## Exercise instructions
Since the entries below must stay intact, return each one exactly.

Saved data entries
Segment Open

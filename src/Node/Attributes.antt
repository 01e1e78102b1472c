-- ===== src/Node/Attributes.antt =====
-- Whether a worker has the attributes that a request wants (node/attributes.go). Of the worker's own
-- attestation, a type of another library, two parts are used: the signers of its attestors, and its
-- attributes by name and value.
pub mod Match
use b7s.Common.{
  Bool, false, true, List, [], ◌∷◌, Option, none, some, ◌==◌, ◌||◌, ◌&&◌, not, if◌then◌else◌,
}
use b7s.Common.Text.{Text, text_eq}
use b7s.Common.Map.{Map, lookup, insert, has}
use b7s.Models.{PeerId, Parameter, Attributes}
use b7s.Pbft.Messaging.{is_empty}

pub data AttributeError : Type 0 where
  attestors_required attestor_not_found no_attestor_found : AttributeError
  attribute_not_found value_mismatch : AttributeError

-- The set of the signers, as a map.
unfoldable pub attestor_map : Map PeerId (Unit {0}) → List PeerId → Map PeerId (Unit {0})
attestor_map m [] = m
attestor_map m (signer ∷ rest) = attestor_map (insert signer tt m) rest

-- The attributes by name; of equal names the last counts.
unfoldable pub attribute_map : Map Text Text → List (Text × Text) → Map Text Text
attribute_map m [] = m
attribute_map m ((name, value) ∷ rest) = attribute_map (insert name value m) rest

unfoldable pub missing_each : Map PeerId (Unit {0}) → List PeerId → Bool
missing_each attestors [] = false
missing_each attestors (wanted ∷ rest) =
    let later = missing_each attestors rest in if has (lookup wanted attestors) then later else true

unfoldable pub found_one_of : Map PeerId (Unit {0}) → List PeerId → Bool
found_one_of attestors [] = false
found_one_of attestors (wanted ∷ rest) =
    let later = found_one_of attestors rest in if has (lookup wanted attestors) then true else later

unfoldable pub check_values : Map Text Text → List Parameter → Option AttributeError
check_values attrs [] = none
check_values attrs (want ∷ rest) =
    let later = check_values attrs rest in
    elim (lookup want.name attrs) [
      | none ↦ some attribute_not_found
      | some value ↦ if value == want.value then later else some value_mismatch
    ]

-- `none` is no error.
unfoldable pub have_attributes :
    List PeerId → List (Text × Text) → Attributes → Option AttributeError
have_attributes signers attributes want =
    let attestors = attestor_map [] signers in
    if want.attestation_required && is_empty signers
    then some attestors_required
    else if missing_each attestors want.attestors.each
    then some attestor_not_found
    else if not (is_empty want.attestors.one_of)
        && not (found_one_of attestors want.attestors.one_of)
    then some no_attestor_found
    else check_values (attribute_map [] attributes) want.values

Segment Closed

## Result below
filename src/Node/Attributes.antt
repository 01e1e78102b1472c
-- ===== src/Node/Attributes.antt =====
-- Whether a worker has the attributes that a request wants (node/attributes.go). Of the worker's own
-- attestation, a type of another library, two parts are used: the signers of its attestors, and its
-- attributes by name and value.
pub mod Match
use b7s.Common.{
  Bool, false, true, List, [], ◌∷◌, Option, none, some, ◌==◌, ◌||◌, ◌&&◌, not, if◌then◌else◌,
}
use b7s.Common.Text.{Text, text_eq}
use b7s.Common.Map.{Map, lookup, insert, has}
use b7s.Models.{PeerId, Parameter, Attributes}
use b7s.Pbft.Messaging.{is_empty}

pub data AttributeError : Type 0 where
  attestors_required attestor_not_found no_attestor_found : AttributeError
  attribute_not_found value_mismatch : AttributeError

-- The set of the signers, as a map.
unfoldable pub attestor_map : Map PeerId (Unit {0}) → List PeerId → Map PeerId (Unit {0})
attestor_map m [] = m
attestor_map m (signer ∷ rest) = attestor_map (insert signer tt m) rest

-- The attributes by name; of equal names the last counts.
unfoldable pub attribute_map : Map Text Text → List (Text × Text) → Map Text Text
attribute_map m [] = m
attribute_map m ((name, value) ∷ rest) = attribute_map (insert name value m) rest

unfoldable pub missing_each : Map PeerId (Unit {0}) → List PeerId → Bool
missing_each attestors [] = false
missing_each attestors (wanted ∷ rest) =
    let later = missing_each attestors rest in if has (lookup wanted attestors) then later else true

unfoldable pub found_one_of : Map PeerId (Unit {0}) → List PeerId → Bool
found_one_of attestors [] = false
found_one_of attestors (wanted ∷ rest) =
    let later = found_one_of attestors rest in if has (lookup wanted attestors) then true else later

unfoldable pub check_values : Map Text Text → List Parameter → Option AttributeError
check_values attrs [] = none
check_values attrs (want ∷ rest) =
    let later = check_values attrs rest in
    elim (lookup want.name attrs) [
      | none ↦ some attribute_not_found
      | some value ↦ if value == want.value then later else some value_mismatch
    ]

-- `none` is no error.
unfoldable pub have_attributes :
    List PeerId → List (Text × Text) → Attributes → Option AttributeError
have_attributes signers attributes want =
    let attestors = attestor_map [] signers in
    if want.attestation_required && is_empty signers
    then some attestors_required
    else if missing_each attestors want.attestors.each
    then some attestor_not_found
    else if not (is_empty want.attestors.one_of)
        && not (found_one_of attestors want.attestors.one_of)
    then some no_attestor_found
    else check_values (attribute_map [] attributes) want.values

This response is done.